11 Jan Miracle at Work: From Sick Newborn to Newly in the Workforce
Had an amazing visit with a long-time patient that I first met as a newborn.
Talked about his studies and future plans.
Covered some important sports medicine safety topics
Caught up on how his family is doing.
May sound like a typical pediatric sports medicine specialist visit- but this wasn’t any typical kid.
And he isn’t an “athlete” any longer.
It was a chance to catch up with a miracle.
He was one of my first newborn patients in my practice.
Straight out of the neonatal intensive care unit after being born with a serious infection.
Something pretty rare and potentially pretty devastating.
There were many questions about how he would grow, could he hear, even if he would live to see adulthood.
A chart that seemed to be growing faster than he was.
Lots of labels, lots of lab results, lots of uncertainty.
Thanks to the love of his family and the treatment from pioneering specialists, he made it through those first few rough months.
Slowly, those months turned into years, and before we knew it, we were having visits with more “well-child” discussions.
We were able to focus on school and eventually sports.
In high school, he found water polo, or maybe water polo found him.
It was a wonderful match.
He challenged my sports medicine knowledge with a desire to get stronger, swim faster, and get bigger.
Even when faced with a complicated jaw surgery that limited his intake to blended foods for weeks.
Research on creative ways to get more protein into a blender- he was all for it.
No one was surprised when he crushed that obstacle, got that weight back (and then some) and continued to thrive.
Built a whole community that drew inspiration from his dedication.
Got to attend his senior night water polo match- great way to help his proud family and friends celebrate a special moment.
Now he is in college studying to be a welder.
Pretty cool to see that he had just earned his first welding certificate.
Quite appropriate- someone who built so much love will continue to be a builder in his professional life.
I also was astounded at some of the things we discussed about welding safety and reducing workplace stress injuries.
It was as if he still was playing water polo.

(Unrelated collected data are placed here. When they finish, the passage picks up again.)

-- ===== src/Tests/Margins.antt =====
-- The theorems on margin orders at work on a user with an open position.
use exchange_cpp.Base.{[], ◌∷◌, true, false, some, ◌≡◌, refl, subst, arith}
use exchange_cpp.Base.Dict.{lookup, insert}
use exchange_cpp.Base.Int.{pos, ◌+ℤ◌, ◌-ℤ◌, ◌*ℤ◌, max_ℤ}
use mathlib.Core.Option.{some-injective}
use exchange_cpp.Common.{
  ask, bid, trade, MatcherTradeEvent, OrderType, CommandResultCode, MatcherEventType, SymbolType,
  CoreSymbolSpecification, OrderCommand, active, long, empty,
}
use exchange_cpp.OrderBook.Events.{reject_event}
use exchange_cpp.Risk.Position.{
  SymbolPositionRecord, is_empty, pending_hold, estimate_profit,
  calculate_required_margin_for_order,
}
use exchange_cpp.Risk.Users.{UserProfile, amount_at}
use exchange_cpp.Risk.Engine.{
  RiskEngine, can_place_margin_order, free_margin, add_free_margin, last_price,
}
use exchange_cpp.Risk.Margin.{place_margin_order, position_or_new, taker_event, trade_position}
use exchange_cpp.Risk.Margin.Rejected.{SameFunds, place_margin_order_rejected}
use exchange_cpp.Risk.Margin.Worth.{worth, IsPositionOf, margin_trade_conserves}
use exchange_cpp.Tests.{spec, placed}

abbrev future : CoreSymbolSpecification
future = record spec {
  symbol_type = SymbolType.futures_contract;
  margin_buy = pos 20;
  margin_sell = pos 30;
}

abbrev six_long : SymbolPositionRecord
six_long = record {
  uid = 13;
  symbol = 5;
  currency = 2;
  direction = long;
  open_volume = pos 6;
  open_price_sum = pos 300;
  profit = pos 0;
  pending_sell_size = pos 10;
  pending_buy_size = pos 0;
}

abbrev holder : UserProfile
holder = record {
  uid = 13;
  positions = (5, six_long) ∷ [];
  adjustments_counter = pos 4;
  accounts = (2, pos 5000) ∷ [];
  user_status = active;
}

abbrev engine : RiskEngine
engine = record {
  shard_id = 0;
  shard_mask = 0;
  ignore_risk_processing = false;
  margin_trading_enabled = true;
  symbols = (5, future) ∷ [];
  users = (13, holder) ∷ [];
  last_price_cache = (5, record { ask_price = pos 52; bid_price = pos 51 }) ∷ [];
  fees = [];
  adjustments = [];
  suspends = [];
}

abbrev buy_five : OrderCommand
buy_five = placed 4 13 bid OrderType.gtc 100 5

kept : (p : SymbolPositionRecord) → lookup 5 holder.positions ≡ some p → is_empty p ≡ false
unfolding lookup is_empty
kept p found = subst (λ q. is_empty q ≡ false) (some-injective _ _ found) refl

accepted_here :
    (place_margin_order buy_five holder future engine).0
    ≡ CommandResultCode.valid_for_matching_engine
unfolding place_margin_order position_or_new can_place_margin_order free_margin add_free_margin
    last_price estimate_profit calculate_required_margin_for_order amount_at lookup insert
    pending_hold is_empty ◌+ℤ◌ ◌-ℤ◌ ◌*ℤ◌ max_ℤ
accepted_here = refl

found_here :
    lookup 5 (place_margin_order buy_five holder future engine).1.positions
    ≡ some (record six_long { pending_buy_size = pos 5 })
unfolding place_margin_order position_or_new can_place_margin_order free_margin add_free_margin
    last_price estimate_profit calculate_required_margin_for_order amount_at lookup insert
    pending_hold is_empty ◌+ℤ◌ ◌-ℤ◌ ◌*ℤ◌ max_ℤ
found_here = refl

place_margin_order_rejected_example :
    SameFunds
      (taker_event MatcherEventType.reject bid
        (reject_event buy_five (pos 5))
        future
        (record six_long { pending_buy_size = pos 5 })
        (place_margin_order buy_five holder future engine).1).1
      holder
place_margin_order_rejected_example =
    place_margin_order_rejected buy_five future holder engine
      (record six_long { pending_buy_size = pos 5 }) kept accepted_here found_here

-- A buyer of ten that has no open position yet.
abbrev ten_pending : SymbolPositionRecord
ten_pending = record {
  uid = 10;
  symbol = 5;
  currency = 2;
  direction = empty;
  open_volume = pos 0;
  open_price_sum = pos 0;
  profit = pos 0;
  pending_sell_size = pos 0;
  pending_buy_size = pos 10;
}

abbrev buyer : UserProfile
buyer = record {
  uid = 10;
  positions = (5, ten_pending) ∷ [];
  adjustments_counter = pos 0;
  accounts = (2, pos 900) ∷ [];
  user_status = active;
}

-- Ten sold at 60 to user 10, which turns the seller's position.
abbrev ten_sold : MatcherTradeEvent
ten_sold = record {
  event_type = trade;
  section = 0;
  active_order_completed = true;
  matched_order_id = 1;
  matched_order_uid = 10;
  matched_order_completed = true;
  price = pos 60;
  size = pos 10;
  bidder_hold_price = pos 60;
}

six_long_of : IsPositionOf future six_long
six_long_of = record { of_symbol = refl; of_currency = refl }

ten_pending_of : IsPositionOf future ten_pending
ten_pending_of = record { of_symbol = refl; of_currency = refl }

holder_has : lookup 5 holder.positions ≡ some six_long
unfolding lookup
holder_has = refl

buyer_has : lookup 5 buyer.positions ≡ some ten_pending
unfolding lookup
buyer_has = refl

margin_trade_conserves_example :
    let t = taker_event MatcherEventType.trade ask ten_sold future six_long holder in
    let m = trade_position bid ten_sold 5 (pos 1) future ten_pending buyer in
    t.0 +ℤ m.0 +ℤ (worth future (pos 55) t.1 +ℤ worth future (pos 55) m.1)
    ≡ worth future (pos 55) holder +ℤ worth future (pos 55) buyer
margin_trade_conserves_example =
    margin_trade_conserves ask ten_sold (pos 55) future six_long ten_pending holder buyer
      (omega arith) (omega arith) (refl, refl) six_long_of ten_pending_of holder_has buyer_has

- How to protect his skin and eyes from bright light damage
- Reducing the risk of heat illness
- Making sure he doesn’t run into any ear problems
- Keeping his upper back strong to support his shoulders with overhead work
- How much and what to eat and drink to stay active and focused
Yes, athletes share similar concerns with so many different occupations- musicians, contractors, waiters, and even welders.
I have learned a lot from this young man, and we can all learn from him.
The value of tenacity and grit, and that sports medicine is not just for athletes.
Kids like him allow me to remember and cherish the beauty of pediatrics and sports medicine.
Helping build lives and relationships across time and life stages.
Revel in the strength that many show in the face of threats and challenges to their health.
Watch as children grow and take ownership of their well-being.
From newborn to newly in the workforce.
And every so often, have the great fortune of being in the presence of a miracle.